Stored data entries:
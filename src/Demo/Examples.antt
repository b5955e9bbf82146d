-- ===== src/Demo/Examples.antt =====
-- The theorems on session.rs of the demo at a concrete session.
use presidium.Base.{ℕ, ◌+◌, ◌*◌, ◌%◌, ◌≡◌, refl, true, false, ok, err, [], ◌∷◌, arith, replicate}
use presidium.Crypto.Constants.{Bytes}
use presidium.Crypto.Error.{ratchet_error}
use presidium.Crypto.Samples.{sample, sample_laws, sum}
use presidium.Crypto.Samples.Schemes.{sample_signatures, sample-SignatureLaws}
use presidium.Crypto.Samples.Texts.{
  header_json, header_json_laws, signature_json, signature_json_laws,
}
use presidium.Crypto.Ratchet.{DoubleRatchet, RatchetMessageHeader, RootKey}
use presidium.Crypto.Ratchet.Handshake.{initiator, init_lem}
use presidium.Crypto.Identity.{IdentityKeyPair, public, verify_hybrid}
use presidium.Demo.Envelopes.{
  AnyError, crypto, context, NetworkEnvelope, Hash, signed_bytes, kind_direct,
  build_signed_envelope, verify_envelope, parse_header, verify_envelope-build_signed_envelope,
}
use presidium.Demo.Session.{ChatSession, chat_decrypt}
use presidium.Demo.Handshake.{
  PrekeyMaterial, InitiatorHandshake, ResponderHandshake, to_bundle, start_session, on_prekey,
  establish,
}
use presidium.Demo.Handshake.Establish.{initiator_of, responder_of, draws_of, establish-on_prekey}
use presidium.Crypto.Ratchet.Messages.{dh_ratchet}
use presidium.Crypto.Identity.{PreKeyBundle, public_key}
use presidium.Crypto.Pqxdh.{PqxdhPrekeyMessage}
use presidium.Crypto.Samples.Schemes.{sample_kem, sample_kem_laws}
use presidium.Crypto.Samples.Prekeys.{prekey_json, prekey_json-JsonLaws}
use presidium.Crypto.Ratchet.Handshake.{responder, init_as_responder_lem}
use presidium.Demo.Session.{chat_encrypt}
use presidium.Demo.Session.FirstMessage.{chat_decrypt-chat_encrypt}
use presidium.Demo.Session.Replies.{send_all, chat_decrypt_unsigned, chat_decrypt_reply}

instance abbrev hash : Hash
hash = record { sha256 = λ bytes. sum bytes ∷ [] }

abbrev identity : IdentityKeyPair
identity = record { classical = 20 ∷ []; pq = record { key = 21 ∷ [] } }

abbrev alice : IdentityKeyPair
alice = record { classical = 10 ∷ []; pq = record { key = 11 ∷ [] } }

abbrev header : RatchetMessageHeader
header = record { dh_public_key = 9 ∷ []; message_number = 0; previous_message_number = 0 }

verify_envelope-build_signed_envelope_example :
    (envelope : NetworkEnvelope) × (build_signed_envelope identity
        (1 ∷ [])
        1700
        kind_direct
        (2 ∷ [])
        (7 ∷ 8 ∷ [])
        header
      ≡ ok envelope)
    × (verify_envelope (public identity) envelope ≡ ok true)
    × (parse_header envelope.nonce ≡ ok header)
    × (envelope.encrypted_payload ≡ 7 ∷ 8 ∷ [])
verify_envelope-build_signed_envelope_example =
    verify_envelope-build_signed_envelope sample-SignatureLaws signature_json_laws header_json_laws
      identity (1 ∷ []) 1700 kind_direct (2 ∷ []) (7 ∷ 8 ∷ []) header

abbrev root : RootKey
root = record { key = 66 ∷ [] }

abbrev session : ChatSession
session = record {
  conversation_id = 2 ∷ [];
  peer_identity = public identity;
  is_initiator = true;
  ratchet = initiator sample_laws "s" root (5 ∷ []) (9 ∷ []) [];
  session_keys = record {
    is_initiator = true;
    root_key = 66 ∷ [];
    sending_chain = [];
    receiving_chain = [];
    peer_identity = public identity;
    message_count = 0;
  };
}

-- An envelope with the header, and a signature of it and of the payload, or another one.
abbrev envelope : Bytes → NetworkEnvelope
envelope signature = record {
  kind = kind_direct;
  conversation_id = 2 ∷ [];
  sender_device_id = 1 ∷ [];
  timestamp = 1700;
  encrypted_payload = 7 ∷ 8 ∷ [];
  mac = 15 ∷ [];
  protocol_version = 1;
  nonce = 0 ∷ 0 ∷ 9 ∷ [];
  signature = signature;
}

abbrev signature : Bytes
signature = 1 ∷ ((3 * 20 + 24) % 256) ∷ replicate 4627 ((21 + 24) % 256)

chat_decrypt_unsigned_example :
    (e : AnyError) × (chat_decrypt session (envelope (0 ∷ [])) ≡ (session, err e))
unfolding verify_envelope verify_hybrid
chat_decrypt_unsigned_example =
    chat_decrypt_unsigned session (envelope (0 ∷ [])) (λ e. ground (arith, e))

-- The greeting is sent before the reply comes.
abbrev greeted : ChatSession
greeted = send_all alice (1 ∷ []) ((1600, 104 ∷ 105 ∷ []) ∷ []) session

chat_decrypt_reply_example : chat_decrypt greeted (envelope signature) ≡ (
  greeted,
  err (context "ratchet decrypt" (crypto (ratchet_error "No receiving chain established"))),
)
unfolding verify_envelope verify_hybrid parse_header public signed_bytes
chat_decrypt_reply_example =
    chat_decrypt_reply sample_laws "s" root (5 ∷ []) (9 ∷ []) [] session alice (1 ∷ [])
      ((1600, 104 ∷ 105 ∷ []) ∷ []) (envelope signature) header
      (init_lem sample_laws "s" root (5 ∷ []) (9 ∷ []) []) refl refl refl

abbrev material : PrekeyMaterial
material = record {
  key_id = 1;
  public_key = public_key (record { classical = 30 ∷ []; pq = replicate 64 31 });
  private_classical = 30 ∷ [];
  private_pq = replicate 64 31;
  signature = record { classical = []; pq = [] };
  timestamp = 1700;
}

abbrev bob_ratchet : Bytes
bob_ratchet = replicate 32 9

abbrev leg : ℕ → Bytes
leg n = n ∷ []

establish-on_prekey_example :
    (bundle : PreKeyBundle) × (alice' : InitiatorHandshake) × (message : PqxdhPrekeyMessage)
    × (bob' : ResponderHandshake) × (alice_chat bob_chat : ChatSession)
    × (ratcheted : DoubleRatchet) × (to_bundle material identity ≡ ok bundle)
    × (start_session (initiator_of alice (1 ∷ [])) (draws_of (50 ∷ []) (51 ∷ []) leg) bundle
        ≡ (alice', ok message))
    × (on_prekey
          (responder_of identity material)
          bob_ratchet
          (prekey_json-JsonLaws.text message)
          (1 ∷ [])
        ≡ (bob', ok (bob_ratchet, bob_chat)))
    × ((establish alice' (5 ∷ []) bob_ratchet).1 ≡ ok alice_chat)
    × (alice_chat.peer_identity ≡ public identity)
    × (bob_chat.peer_identity ≡ public alice)
    × (alice_chat.session_keys.root_key ≡ bob_chat.session_keys.root_key)
    × (dh_ratchet bob_chat.ratchet (5 ∷ []) ≡ (ratcheted, ok tt))
    × (ratcheted.receiving_chain.chain_key ≡ alice_chat.ratchet.sending_chain.chain_key)
establish-on_prekey_example =
    establish-on_prekey sample_laws sample-SignatureLaws sample_kem_laws prekey_json-JsonLaws alice
      identity material (50 ∷ []) (51 ∷ []) (5 ∷ []) bob_ratchet (1 ∷ []) (1 ∷ []) leg refl refl
      refl

abbrev responding : ChatSession
responding = record session { is_initiator = false; ratchet = responder "s" root bob_ratchet [] }

abbrev initiating : ChatSession
initiating = record session { ratchet = initiator sample_laws "s" root (5 ∷ []) bob_ratchet [] }

chat_decrypt-chat_encrypt_example :
    (alice' bob' : ChatSession) × (envelope : NetworkEnvelope) × (chat_encrypt initiating identity
        (1 ∷ [])
        1700
        (104 ∷ 105 ∷ [])
      ≡ (alice', ok envelope))
    × (chat_decrypt responding envelope ≡ (bob', ok (104 ∷ 105 ∷ [])))
chat_decrypt-chat_encrypt_example =
    chat_decrypt-chat_encrypt sample_laws sample-SignatureLaws signature_json_laws header_json_laws
      initiating responding identity "s" "s" root (5 ∷ []) bob_ratchet [] [] (1 ∷ [])
      (104 ∷ 105 ∷ []) 1700 (init_lem sample_laws "s" root (5 ∷ []) bob_ratchet [])
      (init_as_responder_lem "s" root bob_ratchet []) refl (omega arith)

# Brief
Please report all lines in the entries where "PreKeyBundle" appears.

# Answer box
use presidium.Crypto.Identity.{PreKeyBundle, public_key}
    (bundle : PreKeyBundle) × (alice' : InitiatorHandshake) × (message : PqxdhPrekeyMessage)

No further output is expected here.